Faculty Profiles
Shadi A. Dayeh
Professor, Electrical and Computer Engineering
Neurotechnology for the central nervous system. Hetero-integration science and technology for electronics and medical devices.
Dayeh’s Integrated Electronics and Biointerfaces Laboratory (IEBL) is a recognized leading laboratory in human neurotechnology development and translation, and in the development of high performing electronic material combinations, structures, and devices. Dayeh’s robust training for mentees at the IEBL covers fundamental science and applied technology to prepare its members to lead the future of biomedical and biotechnology device manufacturing and of advanced electronic material growth, device, and system level implementation.
A key aspect of his lab’s work is the complete cycle of electronic material development from material growth to device design and fabrication, to benchtop characterization with in vitro and in vivo studies, analysis and modeling, to atomic scale microscopy, a set of leading expertise in these domains that is uniquely available at the IEBL. IEBL strives to invent and push the boundaries of heterointegration of lattice and thermal mismatched materials with a current focus on gallium nitride (GaN) and indium nitride (InN) for power, radio frequency and millimeter wave applications, and thin-film transistors for biomedical device applications.

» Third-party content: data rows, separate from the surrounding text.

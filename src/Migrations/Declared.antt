-- ===== src/Migrations/Declared.antt =====
-- What spur_api/db/models.py declares on `Base.metadata`: the tables, with the columns that SQLAlchemy
-- makes of the `Mapped` types (a type without None is NOT NULL), and the indexes, where `index=True`
-- is the index named ix_<table>_<column>. Defaults that only Python applies are no part of a table.
use spur_api.Base.{ℕ, zero, suc, ◌≡◌, String, none, List, [], ◌∷◌, map}
use spur_api.Migrations.{ColumnType, Default, ForeignKey, Definition, Index, Stored, OnDelete}
use mathlib.Core.List.{Perm}
use mathlib.Core.List.Perm
use spur_api.Migrations.Revisions.{
  auto, defaulted, foreign_key, index, nullable, one, required, run_status, unique_index,
}

abbrev pub declared_projects : Definition
declared_projects = record {
  name = "projects";
  columns =
      required "id" ColumnType.uuid
      ∷ nullable "owner" ColumnType.string
      ∷ nullable "name" ColumnType.string
      ∷ required "spur_version" ColumnType.string
      ∷ required "spec" ColumnType.jsonb
      ∷ defaulted "version" ColumnType.integer one
      ∷ defaulted "inputs_version" ColumnType.integer one
      ∷ nullable "base_project_id" ColumnType.uuid
      ∷ defaulted "created_at" ColumnType.utc_date_time Default.now
      ∷ defaulted "updated_at" ColumnType.utc_date_time Default.now
      ∷ [];
  primary_key = "id" ∷ [];
  foreign_keys = foreign_key "base_project_id" "projects" OnDelete.set_null ∷ [];
}

abbrev pub declared_simulation_runs : Definition
declared_simulation_runs = record {
  name = "simulation_runs";
  columns =
      required "id" ColumnType.uuid
      ∷ required "project_id" ColumnType.uuid
      ∷ required "status" run_status
      ∷ nullable "name" ColumnType.string
      ∷ nullable "requested_until" ColumnType.integer
      ∷ nullable "until_target" ColumnType.integer
      ∷ nullable "chunk_size" ColumnType.integer
      ∷ nullable "seed" ColumnType.big_integer
      ∷ nullable "batch_id" ColumnType.uuid
      ∷ nullable "spec_snapshot" ColumnType.jsonb
      ∷ nullable "project_version" ColumnType.integer
      ∷ nullable "sim_time_now" ColumnType.integer
      ∷ nullable "arq_job_id" ColumnType.string
      ∷ nullable "error_message" ColumnType.string
      ∷ required "cancel_requested" ColumnType.boolean
      ∷ defaulted "created_at" ColumnType.utc_date_time Default.now
      ∷ nullable "started_at" ColumnType.utc_date_time
      ∷ nullable "finished_at" ColumnType.utc_date_time
      ∷ [];
  primary_key = "id" ∷ [];
  foreign_keys = foreign_key "project_id" "projects" OnDelete.cascade ∷ [];
}

abbrev pub declared_run_events : Definition
declared_run_events = record {
  name = "run_events";
  columns =
      auto "id" ColumnType.integer
      ∷ required "run_id" ColumnType.uuid
      ∷ required "seq" ColumnType.integer
      ∷ required "time" ColumnType.integer
      ∷ required "event" ColumnType.string
      ∷ required "train_uid" ColumnType.string
      ∷ required "component_uid" ColumnType.string
      ∷ required "component_type" ColumnType.string
      ∷ [];
  primary_key = "id" ∷ [];
  foreign_keys = foreign_key "run_id" "simulation_runs" OnDelete.cascade ∷ [];
}

abbrev pub declared_tables : List Definition
declared_tables = declared_run_events ∷ declared_simulation_runs ∷ declared_projects ∷ []

abbrev pub declared_indexes : List Index
declared_indexes =
    unique_index "ix_run_events_run_id_seq" "run_events" ("run_id" ∷ "seq" ∷ [])
    ∷ index "ix_run_events_run_id_train_uid" "run_events" ("run_id" ∷ "train_uid" ∷ [])
    ∷ index "ix_run_events_run_id_component_uid" "run_events" ("run_id" ∷ "component_uid" ∷ [])
    ∷ index "ix_simulation_runs_batch_id" "simulation_runs" ("batch_id" ∷ [])
    ∷ index "ix_projects_base_project_id" "projects" ("base_project_id" ∷ [])
    ∷ []

-- The type of `RunStatus`, with the names of its members
abbrev pub declared_enums : List (String × List String)
declared_enums =
    ("runstatus", "QUEUED" ∷ "RUNNING" ∷ "COMPLETED" ∷ "FAILED" ∷ "CANCELLED" ∷ []) ∷ []

-- A foreign key without its name, which models.py leaves to the database
abbrev pub unnamed : ForeignKey → ForeignKey
unnamed k = record {
  name = none;
  column = k.column;
  referred_table = k.referred_table;
  referred_column = k.referred_column;
  ondelete = k.ondelete;
}

-- A table that is empty and is the declared one, up to the order of its columns and the names of its
-- foreign keys
pub record IsTable (d : Definition) (t : Stored) : Type 0 where
  pub named : t.definition.name ≡ d.name
  pub columns : Perm t.definition.columns d.columns
  pub keyed : t.definition.primary_key ≡ d.primary_key
  pub foreign_keys : map unnamed t.definition.foreign_keys ≡ d.foreign_keys
  pub empty : t.rows ≡ []

abbrev pub AreTables : List Definition → List Stored → Type 0
AreTables [] [] = Unit
AreTables [] (t ∷ ts) = ⊥
AreTables (d ∷ ds) [] = ⊥
AreTables (d ∷ ds) (t ∷ ts) = IsTable d t × AreTables ds ts

module _ {A : Type 0} where
  -- The item at a place is moved to the front.
  abbrev pub to_front : A → List A → List A
  to_front x [] = x ∷ []
  to_front x (y ∷ ys) = y ∷ x ∷ ys

  abbrev pub pull : ℕ → List A → List A
  pull i [] = []
  pull zero (x ∷ xs) = x ∷ xs
  pull (suc i) (x ∷ xs) = to_front x (pull i xs)

  abbrev pub under_front : (List A → List A) → List A → List A
  under_front f [] = []
  under_front f (x ∷ xs) = x ∷ f xs

  -- A list in another order, which names for each place where the item is taken from.
  abbrev pub arrange : List ℕ → List A → List A
  arrange [] xs = xs
  arrange (i ∷ is) xs = under_front (arrange is) (pull i xs)

  to_front-Perm : (x : A) (xs ys : List A) → Perm xs ys → Perm (x ∷ xs) (to_front x ys)
  to_front-Perm x xs [] p = Perm.cons x p
  to_front-Perm x xs (y ∷ ys) p = Perm.trans (Perm.cons x p) (Perm.swap y x ys)

  pull-Perm : (i : ℕ) (xs : List A) → Perm xs (pull i xs)
  pull-Perm i [] = Perm.refl []
  pull-Perm zero (x ∷ xs) = Perm.refl (x ∷ xs)
  pull-Perm (suc i) (x ∷ xs) = to_front-Perm x xs (pull i xs) (pull-Perm i xs)

  under_front-Perm :
      (f : List A → List A)
      → ((xs : List A) → Perm xs (f xs))
      → (ys : List A) → Perm ys (under_front f ys)
  under_front-Perm f each [] = Perm.refl []
  under_front-Perm f each (y ∷ ys) = Perm.cons y (each ys)

  pub arrange-Perm : (is : List ℕ) (xs : List A) → Perm xs (arrange is xs)
  arrange-Perm [] xs = Perm.refl xs
  arrange-Perm (i ∷ is) xs =
      Perm.trans (pull-Perm i xs) (under_front-Perm (arrange is) (arrange-Perm is) (pull i xs))
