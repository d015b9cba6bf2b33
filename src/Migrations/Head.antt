-- ===== src/Migrations/Head.antt =====
-- alembic/versions: all the upgrades in a row, from an empty database and from the first tables with
-- the rows in them.
use spur_api.Base.{◌∙◌, ℕ, ◌≡◌, refl, true, Option, none, some, List, [], ◌∷◌, ◌++◌, map, All}
use spur_api.Migrations.{Schema, Stored, Row, Revision}
use spur_api.Migrations.Declared.{
  declared_tables, declared_indexes, declared_enums, AreTables, arrange-Perm,
}
use mathlib.Core.List.{Perm}
use mathlib.Core.List.Perm
use spur_api.Migrations.Additions.{
  add_base_project_id_lem, add_batch_id_lem, add_inputs_version_lem, add_name_lem,
  add_project_versions_lem, add_seed_lem, add_spec_snapshot_lem, add_until_target_lem,
}
use spur_api.Migrations.Creation.{initial_tables_lem, upgrade_all-step}
use spur_api.Migrations.Environment.{do_run_migrations, pending, upgrade_all}
use spur_api.Migrations.Lookups.{set, value}
use spur_api.Migrations.Revisions.{
  add_base_project_id, add_batch_id, add_inputs_version, add_name, add_project_versions, add_seed,
  add_spec_snapshot, add_until_target, by_batch, first_run_events, initial_tables,
}
use spur_api.Migrations.Shapes.{
  IsFree, IsFresh, Lacks, all_indexes, database, first_indexes, projects_at_base,
  projects_at_inputs, projects_at_version, projects_with, runs_at_batch, runs_at_name, runs_at_seed,
  runs_at_snapshot, runs_at_target, runs_at_version, runs_with, with_null, with_one,
}
use spur_api.Migrations.Statements.{execute_all}

-- A row of projects after the upgrades, and one of simulation_runs
abbrev pub with_versions : List Row → List Row
with_versions ps =
    map (λ r. set "inputs_version" (value "version" r) r)
      (with_one "inputs_version" (with_one "version" ps))

abbrev pub with_nulls : List Row → List Row
with_nulls rs =
    with_null "project_version" (
      with_null "name" (with_null "until_target" (with_null "spec_snapshot" (with_null "seed" rs))))

-- The two indexes and the tables beside those of the first revision can be made.
abbrev pub CanUpgrade : Schema → List Row → Type 0
CanUpgrade db ps =
    IsFree db "ix_simulation_runs_batch_id"
    × IsFree db "ix_projects_base_project_id"
    × All (Lacks "base_project_id") (with_versions ps)

head_tables : List Stored
head_tables =
    record { definition = first_run_events; rows = [] }
    ∷ record { definition = runs_at_batch; rows = [] }
    ∷ record { definition = projects_at_base; rows = [] }
    ∷ []

head_tables-AreTables : AreTables declared_tables head_tables
unfolding head_tables
head_tables-AreTables = (
  record { named = refl; columns = Perm.refl _; keyed = refl; foreign_keys = refl; empty = refl },
  (
    record {
      named = refl;
      columns = arrange-Perm (0 ∷ 0 ∷ 0 ∷ 12 ∷ 0 ∷ 10 ∷ 0 ∷ 7 ∷ 9 ∷ 7 ∷ 7 ∷ []) _;
      keyed = refl;
      foreign_keys = refl;
      empty = refl;
    },
    (
      record {
        named = refl;
        columns = arrange-Perm (0 ∷ 0 ∷ 0 ∷ 0 ∷ 0 ∷ 2 ∷ 2 ∷ 2 ∷ []) _;
        keyed = refl;
        foreign_keys = refl;
        empty = refl;
      },
      tt,
    ),
  ),
)

module _ (time : ℕ) (db : Schema) where
  pub step :
      (r : Revision) (rs : List Revision) (db1 : Schema) {db2 : Schema} {o : Option Schema}
      → execute_all time r.upgrade db1 ≡ some db2
      → upgrade_all time rs db2 ≡ o
      → upgrade_all time (r ∷ rs) db1 ≡ o
  step r rs db1 {db2} e rest = upgrade_all-step time r rs db1 db2 e ∙ rest

  pub upgrade_from_first :
      (es rs ps : List Row)
      → CanUpgrade db ps
      → upgrade_all time
          (pending (some "695c06727c20"))
          (database db (runs_with []) (projects_with [] []) first_indexes (es, rs, ps))
        ≡ some (
            database db runs_at_batch projects_at_base all_indexes (
              es,
              with_null "batch_id" (with_nulls rs),
              with_null "base_project_id" (with_versions ps),
            ))
  unfolding upgrade_all
  upgrade_from_first es rs ps can =
      let r1 = with_null "seed" rs in
      let r2 = with_null "spec_snapshot" r1 in
      let r3 = with_null "until_target" r2 in
      let r4 = with_null "name" r3 in
      let r5 = with_null "project_version" r4 in
      let p1 = with_one "version" ps in
      let p2 = with_versions ps in
      let r6 = with_null "batch_id" r5 in
      step add_seed (pending (some "891fb8be331c"))
        (database db (runs_with []) (projects_with [] []) first_indexes (es, rs, ps))
        (add_seed_lem time db es rs ps)
        (step add_spec_snapshot (pending (some "a738e8e522d3"))
          (database db runs_at_seed (projects_with [] []) first_indexes (es, r1, ps))
          (add_spec_snapshot_lem time db es r1 ps)
          (step add_until_target (pending (some "01be612f1e22"))
            (database db runs_at_snapshot (projects_with [] []) first_indexes (es, r2, ps))
            (add_until_target_lem time db es r2 ps)
            (step add_name (pending (some "c41d7a9e2b63"))
              (database db runs_at_target (projects_with [] []) first_indexes (es, r3, ps))
              (add_name_lem time db es r3 ps)
              (step add_project_versions (pending (some "d5e8f1a3c720"))
                (database db runs_at_name (projects_with [] []) first_indexes (es, r4, ps))
                (add_project_versions_lem time db es r4 ps)
                (step add_inputs_version (pending (some "e7b2c94d1f05"))
                  (database db runs_at_version projects_at_version first_indexes (es, r5, p1))
                  (add_inputs_version_lem time db es r5 p1)
                  (step add_batch_id (pending (some "f3a9c0d47e18"))
                    (database db runs_at_version projects_at_inputs first_indexes (es, r5, p2))
                    (add_batch_id_lem time db es r5 p2 can.0)
                    (step add_base_project_id (pending (some "a4c1e9b27d36"))
                      (database db runs_at_batch projects_at_inputs (by_batch ∷ first_indexes)
                        (es, r6, p2))
                      (add_base_project_id_lem time db es r6 p2 can.1 can.2) refl)))))))

  pub upgrade_from_none :
      IsFresh db
      → upgrade_all time (pending none) db
        ≡ some (database db runs_at_batch projects_at_base all_indexes ([], [], []))
  upgrade_from_none fresh =
      let names = fresh.0 in
      step initial_tables (pending (some "695c06727c20")) db (initial_tables_lem time db fresh)
        (upgrade_from_first [] [] [] (names.1.1.1.1.1.1.0, names.1.1.1.1.1.1.1.0, tt))

  -- On a database in which the names of the program's tables, indexes and enum type are free, the
  -- migrations go through and add the tables, indexes and the type that models.py declares, up to
  -- the order of columns and of indexes and the names of foreign keys, and leave what there was.
  pub upgrade_head :
      IsFresh db
      → (db' : Schema) × (do_run_migrations time (none, db) ≡ (true, some "a4c1e9b27d36", db'))
        × ((tables : List Stored) × (db'.tables ≡ tables ++ db.tables)
            × AreTables declared_tables tables)
        × Perm db'.indexes (declared_indexes ++ db.indexes)
        × (db'.enums ≡ declared_enums ++ db.enums)
  unfolding do_run_migrations head_tables
  upgrade_head fresh =
      let head = database db runs_at_batch projects_at_base all_indexes ([], [], []) in
      (
        head,
        rw (do_run_migrations, upgrade_from_none fresh) refl,
        (head_tables, refl, head_tables-AreTables),
        arrange-Perm (3 ∷ 2 ∷ 2 ∷ 1 ∷ 0 ∷ []) head.indexes,
        refl,
      )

Specialized skills acquired at the IEBL include metal-organic chemical vapor deposition (MOCVD), CVD, microelectromechanical systems (MEMS) micro- and nano-fabrication techniques, semiconductor device modeling and analysis, electrochemical characterization and modeling of electrode-tissue interfaces and their safety, the design, verification and validation of implantable electrophysiological devices, surgical and fundamental electrophysiological research paradigms in small and large animals and in humans in collaboration with multiple high profile clinical centers including UC San Diego’s Health Sciences, Massachusetts General Hospital, and Oregon Health & Sciences University.
Capsule Bio:
Shadi Dayeh received his B.S. in Physics/Electronics from the Lebanese University in Beirut, Lebanon in 2001, M.S. in Electrical Engineering from Southern Methodist University in Dallas in 2003, and Ph.D. in Electrical Engineering from UC San Diego in 2008. He did postdoctoral studies at Los Alamos National Laboratory as Director’s Fellow (2008-2010) and Distinguished J. R. Oppenheimer Fellow (2010-2012) and then joined the faculty of the Department of Electrical and Computer Engineering at UC San Diego in November 2012, where he directs the Integrated Electronics and Bio-interfaces Laboratory.
During his Ph.D., Dayeh received a best paper award at every conference series and technical society where he presented his graduate work on InAs nanowires. At Los Alamos National Laboratory, Dayeh was appointed as a Director’s Fellow in 2008, was promoted to a Distinguished Oppenheimer Fellow in 2010 where he co-led and mentored with Tom Picraux a group of a dozen postdocs whose work resulted in a scientific renaissance in the Ge/Si nanowire material system and its applications; these mentees are now on the faculty at academic institutions in the US and abroad and staff scientists in the national labs. At Los Alamos, Dayeh received the Distinguished Postdoctoral Performance Award and Achievement Awards for every year he was at the lab.
After joining UC San Diego, he received the NSF Early Career Award in 2014, the Jacobs School of Engineering Teacher of the Year Award in Electrical and Computer Engineering in 2015, and ISCS Young Scientist Award in 2018, and the NIH Director’s New Innovator Award in 2019, and the 2021 Technologist of the Year LebNet Bireme Award. Dayeh became a BRAIN initiative awardee in 2021 and leads a multi-center project to develop wireless epilepsy monitory systems that will have impact on the diagnosis and treatment of epilepsy and other neurological diseases. His students continue to win local and national recognitions and best paper awards and to publish influential results in their domains of training.